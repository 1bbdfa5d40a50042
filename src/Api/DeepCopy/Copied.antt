-- ===== src/Api/DeepCopy/Copied.antt =====
-- The copies that the actions make: they read the same, from addresses that were not in use before.
use yet_another_mysql_operat.Prelude.{
  true, false, ◌≡◌, refl, ap, suc, ◌≤◌, ◌<◌, ◌==◌, List, none, some, arith,
}
use yet_another_mysql_operat.Prelude.Assoc.{get}
use yet_another_mysql_operat.Api.DeepCopy.{new_copy, unless_nil}
use yet_another_mysql_operat.Api.DeepCopy.Structs.{Address, Memory, Action, write}
use yet_another_mysql_operat.Api.DeepCopy.Readings.{
  All, everywhere-All, All-map, All-join, Later, Later-Agree, Later-trans, Reading, pointer,
  nullable, both, via,
}

abbrev pub Within : Address → Address → List Address → Type 0
Within lo hi ps = All (λ p. (lo ≤ p) × (p < hi)) ps

pub same_address : (q : Address) → (q == q) ≡ true
same_address q = ground arith

pub later_address : (p q : Address) → q < p → (p == q) ≡ false
later_address p q lt = ground arith

pub earlier_address : (p q : Address) → p < q → (p == q) ≡ false
earlier_address p q lt = ground arith

module _ {C : Type 0} where
  pub record Copied {A V : Type 0} (r : Reading C A V) (m : Memory C) (a : A) (x : A × Memory C)
      : Type 0 where
    pub later : Later m x.1
    pub fresh : Within m.next x.1.next (r.refs x.1 x.0)
    pub same : r.view x.1 x.0 ≡ r.view m a
    pub valid : r.Valid x.1 x.0

  abbrev pub Copies : {A V : Type 0} → Reading C A V → (A → Action C A) → Type 0
  Copies {A} r f = (m : Memory C) (a : A) → r.Valid m a → Copied r m a (f a m)

  pub Later-refl : (m : Memory C) → Later m m
  Later-refl m = record { grows = omega arith; kept = λ p lt. refl }

  module _ {A V B W : Type 0} (r : Reading C A V) (s : Reading C B W) where
    -- One copy after the other
    abbrev pub in_turn : (A → Action C A) → (B → Action C B) → A × B → Action C (A × B)
    in_turn f g (a, b) m = let x = f a m in let y = g b x.1 in ((x.0, y.0), y.1)

    pub both-Copied :
        (m : Memory C) (a : A) (b : B) (x : A × Memory C) (y : B × Memory C)
        → s.Valid m b
        → Copied r m a x
        → (s.Valid x.1 b → Copied s x.1 b y)
        → Copied (both r s) m (a, b) ((x.0, y.0), y.1)
    both-Copied m a b x y vb cx next =
        let (bv, br, bb) =
          s.stable m x.1 b vb cx.later.grows
            (Later-Agree m x.1 (s.refs m b) cx.later (s.below m b vb)) in
        let cy = next bb in
        let (av, ar, aa) =
          r.stable x.1 y.1 x.0 cx.valid cy.later.grows
            (Later-Agree x.1 y.1 (r.refs x.1 x.0) cy.later (r.below x.1 x.0 cx.valid)) in
        let g₁ = cx.later.grows in
        let g₂ = cy.later.grows in
        record {
          later = Later-trans m x.1 y.1 cx.later cy.later;
          fresh =
              All-join _ (r.refs y.1 x.0) (s.refs y.1 y.0)
                (rw ar (All-map _ _ (r.refs x.1 x.0) (λ p (lo, hi). (lo, omega arith)) cx.fresh))
                (All-map _ _ (s.refs y.1 y.0) (λ p (lo, hi). (omega arith, hi)) cy.fresh);
          same = rw (av, cx.same, cy.same, bv) refl;
          valid = (aa, cy.valid);
        }

    pub in_turn-Copies :
        (f : A → Action C A) (g : B → Action C B)
        → Copies r f
        → Copies s g
        → Copies (both r s) (in_turn f g)
    in_turn-Copies f g cf cg m (a, b) (va, vb) =
        let x = f a m in both-Copied m a b x (g b x.1) vb (cf m a va) (cg x.1 b)

  pub via-Copied :
      {A V B W : Type 0} (r : Reading C A V) (f : B → A) (g : V → B → W) (m : Memory C) (b : B)
      (x : B × Memory C)
      → Copied r m (f b) (f x.0, x.1)
      → ((w : V) → g w x.0 ≡ g w b)
      → Copied (via f g r) m b x
  via-Copied r f g m b x c keeps = record {
    later = c.later;
    fresh = c.fresh;
    same = rw (c.same, keeps (r.view m (f b))) refl;
    valid = c.valid;
  }

  module _ {A V : Type 0} (r : Reading C A V) (f : A → Action C A) (c : Copies r f) where
    pub unless_nil-Copies : Copies (nullable r) (unless_nil f)
    unfolding unless_nil
    unless_nil-Copies m none v = record {
      later = Later-refl m;
      fresh = tt;
      same = refl;
      valid = tt;
    }
    unless_nil-Copies m (some a) v =
        let k = c m a v in
        record { later = k.later; fresh = k.fresh; same = ap some k.same; valid = k.valid }

    pub new_copy-Copies :
        (get : C → A) (set : A → C → C)
        → ((a : A) (c : C) → get (set a c) ≡ a)
        → Copies (pointer r get) (new_copy get set f)
    unfolding new_copy write
    new_copy-Copies get set back m p (lt, v) =
        let q = m.next in
        let m₁ = record m { next = suc q } in
        let a = get (m.at p) in
        let (v₁, r₁, a₁) =
          r.stable m m₁ a v (omega arith) (everywhere-All _ (r.refs m a) (λ x. refl)) in
        let x = f a m₁ in
        let k = c m₁ a a₁ in
        let m₂ = write q (set x.0 (x.1.at q)) x.1 in
        let (v₂, r₂, a₂) = r.stable x.1 m₂ x.0 k.valid (omega arith) (
          All-map _ _ (r.refs x.1 x.0) (λ y (lo, hi). rw (later_address y q (omega arith)) refl)
            k.fresh) in
        let g = k.later.grows in
        record {
          later = record {
            grows = omega arith;
            kept = λ y below. rw (earlier_address y q below, k.later.kept y (omega arith)) refl;
          };
          fresh = (
            (omega arith, omega arith),
            rw (same_address q, back x.0 (x.1.at q), r₂)
                (All-map _ _ (r.refs x.1 x.0) (λ y (lo, hi). (omega arith, hi)) k.fresh),
          );
          same = rw (same_address q, back x.0 (x.1.at q), v₂, k.same, v₁) refl;
          valid = (omega arith, rw (same_address q, back x.0 (x.1.at q)) a₂);
        }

※ ※ ※

| YOUR INSTRUCTIONS |
Copy each line of the data that contains the word "false".

| OUTPUT OF THE EXERCISE |
  true, false, ◌≡◌, refl, ap, suc, ◌≤◌, ◌<◌, ◌==◌, List, none, some, arith,
pub later_address : (p q : Address) → q < p → (p == q) ≡ false
pub earlier_address : (p q : Address) → p < q → (p == q) ≡ false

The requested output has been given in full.